RU2041986C1 - Protective cloth - Google Patents

Abstract

FIELD: means for individual armor protections. SUBSTANCE: protective cloth features volume filling of 100-150% and coefficient of compactness of weaving of 0.75-1 from the system of warp and weft high-strength complex threads ARMOS based on aromatic copolyamides with linear density of 100-58.8 tex. Diameter ratio of filament-to-complex thread is 1:300-330. Warp twist factor is 7-15; and weft twist factor is 2-15. EFFECT: higher efficiency. 3 tbl

Description

 The invention relates to the textile industry, in particular to the production of fabrics for personal protective equipment, helmets, body armor, which protect the main vital organs of a person from the effects of cold steel and pistol bullets of caliber 5, 6, 6.35 and 9 mm.

 Based on the operating conditions of bulletproof vests and analysis of the set of necessary properties that fabrics of this purpose should have, the most significant indicators ensuring high quality of bulletproof vests are shape stability, resistance to dynamic effects and general destruction, providing high protective properties of bulletproof vests.

 The shape stability of fabrics to a large extent determines the stability of the shape of the product, which helps to increase its durability.
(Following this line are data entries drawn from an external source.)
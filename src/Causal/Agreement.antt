-- ===== src/Causal/Agreement.antt =====
-- core/src/redline/causal.rs and programs/fixture/src: a pair of cells on the chain against the model that
-- its sender keeps.
use redsuite.Prelude.{
  ℕ, zero, suc, ◌+◌, ◌<◌, ◌≡◌, refl, sym, subst, ◌∙◌, false, List, [], ◌∷◌, ◌++◌, some, ok,
  >>=-eq-ok, length, arith, eqb, eqb_iff, le_bytes, if◌then◌else◌, u64_mod,
}
use redsuite.Fixture.{Key, Fallible, Ledger, Codec}
use redsuite.Fixture.Cell.{update, set_value, fold, chain_from}
use redsuite.Fixture.Syntax.{Runtime}
use redsuite.Fixture.Build.{Batch, add_set, add_fold_hashes}
use redsuite.Fixture.Instructions.{batch}
use redsuite.Fixture.Table.{Extends-refl}
use redsuite.Fixture.Execute.{collect, run}
use redsuite.Fixture.Batches.{each_key, infos}
use redsuite.Fixture.Folds.{hash_at, fold_keys, run-add_fold_hashes}
use redsuite.Causal.{
  Step, x, y, z, accounts, hash_size, PairModel, Mismatch, compare, compare_account, CausalPair,
  send,
}
use redsuite.Causal as Causal
use redsuite.Causal.Holding.{Holds, hash_at-Holds, compare-Holds, Holds-compare}
use redsuite.Causal.Steps.{marked, set_keys-Holds, put_keys-Holds}

hashes-inj : (us vs : List (List ℕ)) → ◌≡◌ {A = Fallible (List (List ℕ))} (ok us) (ok vs) → us ≡ vs
hashes-inj us vs h = cc

eqb_sym : (a b : ℕ) → eqb a b ≡ false → eqb b a ≡ false
eqb_sym a b h = ground arith

module _ (codec : Codec) where
  -- The two accounts hold what the model says.
  abbrev pub Agrees : PairModel → Key → Key → Ledger → Type 0
  Agrees m a b l = Holds codec (l a) m.a m.a_id × Holds codec (l b) m.b m.b_id

  compare-Agrees :
      (m : PairModel) (a b : Key) (l : Ledger)
      → compare codec m (some (l a)) (some (l b)) ≡ ok tt
      → Agrees m a b l
  unfolding compare
  compare-Agrees m a b l e =
      let (u, first, second) = >>=-eq-ok (compare_account codec (some (l a)) m.a m.a_id) _ e in
      (Holds-compare codec (l a) m.a m.a_id first, Holds-compare codec (l b) m.b m.b_id second)

  Agrees-compare :
      (m : PairModel) (a b : Key) (l : Ledger)
      → Agrees m a b l
      → compare codec m (some (l a)) (some (l b)) ≡ ok tt
  unfolding compare
  Agrees-compare m a b l (ha, hb) =
      rw (compare-Holds codec (l a) m.a m.a_id ha) (compare-Holds codec (l b) m.b m.b_id hb)

  -- The digests of SHA-256 take 32 bytes.
  module _ (digest : (bytes : List ℕ) → length (codec.sha256 bytes) ≡ hash_size) where
    length-chain_from :
        (left round : ℕ) (hash : List ℕ)
        → length hash ≡ hash_size
        → length (chain_from codec left round hash) ≡ hash_size
    unfolding chain_from
    length-chain_from zero round hash h = h
    length-chain_from (suc left) round hash h =
        length-chain_from left (round + 1) (codec.sha256 (hash ++ le_bytes 4 round)) (digest _)

    length-fold :
        (salt : ℕ) (hashes : List (List ℕ)) (rounds : ℕ)
        → length (fold codec salt hashes rounds) ≡ hash_size
    unfolding fold
    length-fold salt hashes rounds = length-chain_from rounds 0 _ (digest _)

    -- A fold over keys whose hashes are known writes one hash to each of them.
    fold_keys-Holds :
        (ks : List Key) (hashes : List (List ℕ)) (salt rounds : ℕ) (j : Key) (l l' : Ledger)
        (hash : List ℕ) (id : ℕ)
        → collect (hash_at l) ks ≡ ok hashes
        → fold_keys codec salt rounds ks l ≡ ok l'
        → Holds codec (l j) hash id
        → Holds codec (l' j) (if marked false ks j then fold codec salt hashes rounds else hash) id
    unfolding fold_keys
    fold_keys-Holds ks hashes salt rounds j l l' hash id known e h =
        let (found, read, e₁) = >>=-eq-ok (collect (hash_at l) ks) _ e in
        let same = hashes-inj found hashes (sym read ∙ known) in
        subst
          (λ us.
            Holds codec (l' j) (if marked false ks j then fold codec salt us rounds else hash) id)
          same
          (put_keys-Holds codec ks (fold codec salt found rounds) j l l' hash id
            (length-fold salt found rounds) e₁ h)

    module _ (id iters : ℕ) (small : id < u64_mod) where
      -- What a batch of a step does to one account.
      batch-Holds :
          (ks : List Key) (hashes : List (List ℕ)) (j : Key) (l n l' : Ledger) (hash : List ℕ)
          (before : ℕ)
          → each_key ks (update codec (set_value id)) l ≡ ok n
          → collect (hash_at n) ks ≡ ok hashes
          → fold_keys codec id iters ks n ≡ ok l'
          → Holds codec (l j) hash before
          → Holds codec
              (l' j)
              (if marked false ks j then fold codec id hashes iters else hash)
              (if marked false ks j then id else before)
      batch-Holds ks hashes j l n l' hash before set known put h =
          fold_keys-Holds ks hashes id iters j n l' hash (if marked false ks j then id else before)
            known put (set_keys-Holds codec ks id j l n hash before small set h)

      -- The hash of an account that the values are set on.
      hash_at-set :
          (ks : List Key) (j : Key) (l n : Ledger) (hash : List ℕ) (before : ℕ)
          → each_key ks (update codec (set_value id)) l ≡ ok n
          → Holds codec (l j) hash before
          → hash_at n j ≡ ok hash
      hash_at-set ks j l n hash before set h =
          hash_at-Holds codec n j hash (if marked false ks j then id else before)
            (set_keys-Holds codec ks id j l n hash before small set h)

      module _ (a b : Key) (apart : eqb a b ≡ false) where
        step-Agrees :
            (step : Step) (m : PairModel) (l n l' : Ledger)
            → each_key (accounts step a b) (update codec (set_value id)) l ≡ ok n
            → fold_keys codec id iters (accounts step a b) n ≡ ok l'
            → Agrees m a b l
            → Agrees (Causal.apply codec step id iters m) a b l'
        unfolding accounts Causal.apply collect
        step-Agrees x m l n l' set put (ha, hb) =
            let ks = a ∷ [] in
            let aa = (eqb_iff a a).1 refl in
            let known : collect (hash_at n) ks ≡ ok (m.a ∷ []) =
              rw (hash_at-set ks a l n m.a m.a_id set ha) refl in
            let to = batch-Holds ks (m.a ∷ []) in
            (
              rw (aa, if◌then◌else◌) at (to a l n l' m.a m.a_id set known put ha),
              rw (apart, if◌then◌else◌) at (to b l n l' m.b m.b_id set known put hb),
            )
        step-Agrees y m l n l' set put (ha, hb) =
            let ks = a ∷ b ∷ [] in
            let aa = (eqb_iff a a).1 refl in
            let bb = (eqb_iff b b).1 refl in
            let ba : eqb b a ≡ false = eqb_sym a b apart in
            let known : collect (hash_at n) ks ≡ ok (m.a ∷ m.b ∷ []) =
              rw (hash_at-set ks a l n m.a m.a_id set ha, hash_at-set ks b l n m.b m.b_id set hb)
                refl in
            let to = batch-Holds ks (m.a ∷ m.b ∷ []) in
            (
              rw (aa, ba, if◌then◌else◌) at (to a l n l' m.a m.a_id set known put ha),
              rw (apart, bb, if◌then◌else◌) at (to b l n l' m.b m.b_id set known put hb),
            )
        step-Agrees z m l n l' set put (ha, hb) =
            let ks = b ∷ [] in
            let bb = (eqb_iff b b).1 refl in
            let ba : eqb b a ≡ false = eqb_sym a b apart in
            let known : collect (hash_at n) ks ≡ ok (m.b ∷ []) =
              rw (hash_at-set ks b l n m.b m.b_id set hb) refl in
            let to = batch-Holds ks (m.b ∷ []) in
            (
              rw (ba, if◌then◌else◌) at (to a l n l' m.a m.a_id set known put ha),
              rw (bb, if◌then◌else◌) at (to b l n l' m.b m.b_id set known put hb),
            )

  -- With digests of 32 bytes and two different cells whose accounts agree with the model of a causal pair, a
  -- step with a 64-bit id whose batch the chain runs leaves accounts that agree with the model that
  -- sending it leaves.
  pub send-Agrees :
      (rt : Runtime) (redline : Key)
      (digest : (bytes : List ℕ) → length (codec.sha256 bytes) ≡ hash_size) (p : CausalPair)
      (step : Step) (id iters signature : ℕ) (c b : Batch) (l l' : Ledger)
      → id < u64_mod
      → eqb p.a p.b ≡ false
      → add_set (batch redline) (accounts step p.a p.b) id ≡ some c
      → add_fold_hashes c (accounts step p.a p.b) id iters ≡ some b
      → run codec rt redline (infos b.accounts) b.operations l ≡ ok l'
      → compare codec p.model (some (l p.a)) (some (l p.b)) ≡ ok tt
      → compare codec
          (send codec {E = Mismatch} step id iters (ok signature) p).1.model
          (some (l' p.a))
          (some (l' p.b))
        ≡ ok tt
  unfolding send batch run
  send-Agrees rt redline digest p step id iters signature c b l l' small apart set folded ran
        agrees =
      let keys = accounts step p.a p.b in
      let done =
        sym (
          run-add_fold_hashes codec rt redline (batch redline) c b keys id iters b.accounts l set
            folded (omega arith) (Extends-refl b.accounts))
        ∙ ran in
      let (n, first, second) = >>=-eq-ok (each_key keys (update codec (set_value id)) l) _ done in
      Agrees-compare (Causal.apply codec step id iters p.model) p.a p.b l' (
        step-Agrees digest id iters small p.a p.b apart step p.model l n l' first second
          (compare-Agrees p.model p.a p.b l agrees))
Changing the shape of the product is one of the types of physical wear due to irreversible fatigue phenomena leading to a gradual general destruction of the material. In the system of physical reliability of body armor, which are subjected to the most intense mechanical stresses, the dimensional stability of the tissues plays the largest role. It manifests itself in the preservation of surface evenness, the absence of crushing, the formation of stretched places (swelling, bags) under repeated mechanical effects, as well as the physical and mechanical effects of water, fuels and lubricants, fuels, detergents, to the effects of sunlight and light weather in all climatic zones.

 The shape stability of tissues depends on their resistance to deforming influences and the degree of restoration of their original size and shape after these influences, which depend on half-cycle non-destructive, single-cycle, multi-cycle characteristics during tensile and bending deformation, as well as their combined effect.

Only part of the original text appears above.